I'd prefer this for the lulz.


----------



## Don (May 20, 2010)

Oh God, not this again. 

Anyways, I still put my vote behind the Phipaw simply because it looks somewhat unique.


----------



## Riley (May 20, 2010)

Why Phi though?  Something like Omega is clearly more circular, and more fitting to make that part of the paw.  I've never seen any animal with a weird line jutting out of the back of its paw.  It looks like a lollipop.


----------



## Fuzzy Alien (May 20, 2010)

Steel the Wolf said:


> This one's been bugging me for a bit and, no offence Fuzzy Alien, I'm tired of talking about Lombaxs. So which symbol is the better representation of the fandom, the plain paw print or the PhiPaw?
> 
> Personally, I vote the PhiPaw for a couple of reasons. First off, Greek letters are just damn sexy. Second, where as the plain paw print is used by lots of groups (dog lovers, cat lovers, ect.), the PhiPaw is uniquely furry.
> 
> Anyway, your thoughts?



Neither. A lombax paw.


----------



## Don (May 20, 2010)

Fuzzy Alien said:


> Neither. A lombax paw.



Niet

That is all.


----------



## Steel the Wolf (May 20, 2010)

Riley Bladepaw said:


> Why Phi though? Something like Omega is clearly more circular, and more fitting to make that part of the paw. I've never seen any animal with a weird line jutting out of the back of its paw. It looks like a lollipop.


 

Because the Greek letter Phi is translated to English as the letter "F". And "F" stands for furry. What would the "o" for omega stand for? Ostracize?


----------



## Don (May 20, 2010)

Steel the Wolf said:


> Because the Greek letter Phi is translated to English as the letter "F". And "F" stands for furry. What would the "o" for omega stand for? Ostracize?



Perhaps orgy? I'm sure the foxes would be 'behind' that 100%.


----------



## Steel the Wolf (May 20, 2010)

Don_Wolf said:


> Perhaps orgy? I'm sure the foxes would be 'behind' that 100%.


 
Oh God....

I'll be hideing in Greenland if you need me.


----------



## fuzthefurfox (May 20, 2010)

Don_Wolf said:


> Perhaps orgy? I'm sure the foxes would be 'behind' that 100%.


-.-


----------



## Riley (May 20, 2010)

Steel the Wolf said:


> Because the Greek letter Phi is translated to English as the letter "F". And "F" stands for furry. What would the "o" for omega stand for? Ostracize?

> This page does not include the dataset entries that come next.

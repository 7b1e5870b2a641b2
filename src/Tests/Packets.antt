-- ===== src/Tests/Packets.antt =====
-- internal/pcap on concrete frames, files and packets.
use netobserv_spcg.Common.{
  ℕ, ◌+◌, ◌≡◌, ◌↔◌, refl, String, Bool, true, false, List, [], ◌∷◌, ◌++◌, Option, some, none,
  replicate, length, Returns, arith,
}
use netobserv_spcg.Pcap.Bytes.{Bytes}
use netobserv_spcg.Pcap.Frame.{
  ethernet_payload, parse_dns_query, icmp_identifier, parse_tcp_flags, summarize_payload,
}
use netobserv_spcg.Pcap.Frame.Dns.{encode_labels, parse_dns_query-encode_labels}
use netobserv_spcg.Pcap.Frame.Panic.{IsCutDatagram, summarize_payload-eq-none_iff}
use netobserv_spcg.Pcap.Frame.Safety.{
  ethernet_payload-Returns, parse_dns_query-Returns, icmp_identifier-Returns,
}
use netobserv_spcg.Pcap.PcapNg.{FrameRecord, encode_pcapng, is_pcap_container}
use netobserv_spcg.Pcap.PcapNg.Reader.{read_file}
use netobserv_spcg.Pcap.PcapNg.Roundtrip.{packets_of, read_file-encode_pcapng}
use netobserv_spcg.Pcap.Session.Export.{concat_frame_bytes, export_pod}
use netobserv_spcg.Pcap.Session.Export.Roundtrip.{export_pod-append_all}
use netobserv_spcg.Pcap.Session.{SinkOps, Packet, new_session, append_all}
use netobserv_spcg.Pcap.Session.Window.{
  IsWindow, packets_for, append_all-IsWindow, new_session-IsWindow,
}

abbrev zeros : ℕ → Bytes
zeros n = replicate {A = ℕ} n 0

-- An IPv4 UDP datagram from port 5353 to port 53 that ends after 4 bytes of its UDP header.
abbrev cut_datagram : Bytes
cut_datagram = zeros 12 ++ (8 ∷ 0 ∷ 69 ∷ zeros 8 ++ (17 ∷ zeros 10 ++ (20 ∷ 233 ∷ 0 ∷ 53 ∷ [])))

cut_datagram_panics : summarize_payload cut_datagram ≡ none
unfolding summarize_payload netobserv_spcg.Common.slice netobserv_spcg.Pcap.Bytes.be_uint16
    netobserv_spcg.Pcap.Frame.hex16 netobserv_spcg.Common.slice_from
    netobserv_spcg.Pcap.Frame.ip_header netobserv_spcg.Pcap.Frame.transport_fields
    netobserv_spcg.Pcap.Frame.be16
cut_datagram_panics = refl

summarize_payload-eq-none_iff_example :
    (summarize_payload cut_datagram ≡ none) ↔ IsCutDatagram cut_datagram
summarize_payload-eq-none_iff_example = summarize_payload-eq-none_iff cut_datagram

-- "go.dev" as labels.
abbrev go_dev : List Bytes
go_dev = (103 ∷ 111 ∷ []) ∷ (100 ∷ 101 ∷ 118 ∷ []) ∷ []

parse_dns_query-encode_labels_example :
    parse_dns_query (zeros 12 ++ (encode_labels go_dev ++ (0 ∷ 1 ∷ 0 ∷ 1 ∷ [])))
    ≡ some (103 ∷ 111 ∷ 46 ∷ 100 ∷ 101 ∷ 118 ∷ [])
parse_dns_query-encode_labels_example =
    parse_dns_query-encode_labels (zeros 12) go_dev (0 ∷ 1 ∷ 0 ∷ 1 ∷ []) refl
      (omega arith, omega arith, (omega arith, omega arith, tt))

parse_dns_query-Returns_example : Returns (parse_dns_query (zeros 12 ++ (63 ∷ 1 ∷ [])))
parse_dns_query-Returns_example = parse_dns_query-Returns (zeros 12 ++ (63 ∷ 1 ∷ []))

ethernet_payload-Returns_example : Returns (ethernet_payload (zeros 20))
ethernet_payload-Returns_example = ethernet_payload-Returns (zeros 20) (omega arith)

icmp_identifier-Returns_example : Returns (icmp_identifier (zeros 12 ++ (8 ∷ 0 ∷ 79 ∷ zeros 30)))
icmp_identifier-Returns_example =
    icmp_identifier-Returns (zeros 12 ++ (8 ∷ 0 ∷ 79 ∷ zeros 30)) (omega arith)

abbrev ping : FrameRecord
ping = record { payload = 1 ∷ 2 ∷ 3 ∷ 4 ∷ 5 ∷ []; time = some 1700 }

abbrev untimed : FrameRecord
untimed = record { payload = 9 ∷ []; time = none }

read_file-encode_pcapng_example :
    read_file 4 (encode_pcapng 1000 (ping ∷ untimed ∷ []))
    ≡ some (packets_of 1000 0 (ping ∷ untimed ∷ []))
read_file-encode_pcapng_example =
    read_file-encode_pcapng 1000 ping (untimed ∷ [])
      (omega arith, omega arith, (omega arith, omega arith, tt))

-- An uploader that is never asked.
abbrev no_upload : SinkOps (Unit {0})
no_upload = record { write_frame = λ _ _ _. none; bytes_uploaded = λ _. 0 }

abbrev same_text : String → String
same_text s = s

abbrev packet : String → ℕ → Packet
packet uid seq = record {
  pod_name = "web";
  pod_uid = uid;
  payload = seq ∷ [];
  flow_meta_json = "";
  seq = seq;
  now = seq;
}

abbrev arrivals : List Packet
arrivals = packet "u1" 1 ∷ packet "u2" 2 ∷ packet "u1" 3 ∷ packet "" 4 ∷ []

abbrev kept_1 : FrameRecord
kept_1 = record { payload = 1 ∷ []; time = some 1 }

abbrev kept_3 : FrameRecord
kept_3 = record { payload = 3 ∷ []; time = some 3 }

append_all-IsWindow_example :
    IsWindow same_text no_upload "u1"
      ([] ++ packets_for "u1" arrivals)
      (append_all same_text no_upload new_session arrivals)
append_all-IsWindow_example =
    append_all-IsWindow same_text no_upload "u1" arrivals [] new_session
      (new_session-IsWindow same_text no_upload "u1")

export_pod-append_all_example :
    (file : Bytes) × (export_pod 0 "u1" (append_all same_text no_upload new_session arrivals)
      ≡ some (some file))
    × (read_file 4 file ≡ some (packets_of 0 0 (kept_1 ∷ kept_3 ∷ [])))
unfolding concat_frame_bytes is_pcap_container
export_pod-append_all_example =
    export_pod-append_all same_text no_upload 0 "u1" arrivals kept_1 (kept_3 ∷ []) ([], refl, refl)
      refl (omega arith, omega arith, (omega arith, omega arith, tt))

I know it's F, but it doesn't really make a proper paw shape.  I'm an artist; it annoys me.


----------



## Steel the Wolf (May 20, 2010)

Riley Bladepaw said:


> I know it's F, but it doesn't really make a proper paw shape. I'm an artist; it annoys me.


 
Meh, function before form.


----------



## Karimah (May 20, 2010)

Phipaw, definitely. It's more unique looking. Paw prints can pertain to anything and don't really invoke much thought. If I had a paw print on the back of my shirt no one would think anything except maybe, "Guess she likes animals."

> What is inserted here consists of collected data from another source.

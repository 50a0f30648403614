-- ===== src/Workers/DisputePenalty/Charge/Examples.antt =====
-- The last charge that is allowed, which Stripe refuses.
use waylo_app.Base.{◌≡◌, refl, Bool, false, none, some}
use waylo_app.Base.Table.{find_many}
use waylo_app.Schema.Status.{MissionStatus, PenaltyStatus}
use waylo_app.Schema.Rows.{Penalty}
use waylo_app.App.{World, ok}
use waylo_app.Samples.{sample_world, sample_user, single}
use waylo_app.Workers.Batch.{unlocked, update_all, fetch_all, claim_outbox_batch}
use waylo_app.Workers.DisputePenalty.{
  PenaltyRun, ClaimedPenalty, charge_penalty, run_dispute_penalty_worker_once,
  sweep_stuck_penalties, claim_penalty_batch, charge_all, charge_with, fail_penalty,
  update_penalty_row, suspend_user,
}
use waylo_app.Workers.DisputePenalty.Charge.{Outcome, charge_penalty_outcome}

abbrev owed : Penalty
owed = record {
  user_id = 1;
  amount_cents = 500;
  status = PenaltyStatus.pending;
  attempts = 2;
  stripe_payment_intent_id = none;
}

abbrev owed_world : World
owed_world =
    let w = sample_world MissionStatus.in_dispute in
    record w { db = record w.db { penalties = single 7 owed } }

abbrev answers : Bool → PenaltyRun
answers paid = record { locked = λ k. false; meanwhile = λ k db. db; charge = λ k. some (88, paid) }

abbrev sample_charge : ClaimedPenalty
sample_charge = record {
  mission_id = 7;
  user_id = 1;
  amount_cents = 500;
  attempts = 3;
  payment_method_id = some 56;
}

charge_penalty_outcome_example :
    Outcome
      (answers false)
      3
      sample_charge
      owed
      owed
      sample_user
      sample_user
      owed_world
      (charge_penalty (answers false) 3 sample_charge owed_world)
charge_penalty_outcome_example =
    charge_penalty_outcome (answers false) 3 sample_charge owed owed sample_user sample_user
      owed_world refl refl refl refl

-- two attempts have failed, and the third suspends the account
third_charge :
    (run_dispute_penalty_worker_once (answers false) 3 50 owed_world).0
    ≡ ok (record { paid = 0; failed = 0; suspended = 1 })
unfolding run_dispute_penalty_worker_once sweep_stuck_penalties claim_penalty_batch charge_all
    charge_penalty charge_with fail_penalty update_penalty_row suspend_user claim_outbox_batch
    unlocked update_all fetch_all find_many
third_charge = refl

However, something as distinguishable as the phipaw would get a better response like, "Fucking furfag." or "WTF is that? If I care later I'll google it."


----------



## mystery_penguin (May 20, 2010)

Don_Wolf said:


> Perhaps orgy? I'm sure the foxes would be 'behind' that 100%.


Best post in the thread, that pun was undeniably awesome.


----------



## Wyldfyre (May 20, 2010)

I prefer the PhiPaw. It has more of a connection to the fandom rather than just animals.


----------



## Gavrill (May 20, 2010)

I prefer paw prints. Phipaw makes it seem like we're actually organized or something.


----------



## Captain Howdy (May 20, 2010)

A paw print. The less noticeable, the better.


----------



## Mentova (May 20, 2010)

You forgot the "We don't need a symbol because it's a stupid idea" option.


----------



## Kiva (May 20, 2010)

But the phi-paw is so shiny. Â°^Â°


----------



## Tabasco (May 20, 2010)

I vote the fandom not have a symbol.


----------



## Ames (May 20, 2010)

Riley Bladepaw said:


> Why Phi though?  Something like Omega is clearly more circular, and more fitting to make that part of the paw.  I've never seen any animal with a weird line jutting out of the back of its paw.  It looks like a lollipop.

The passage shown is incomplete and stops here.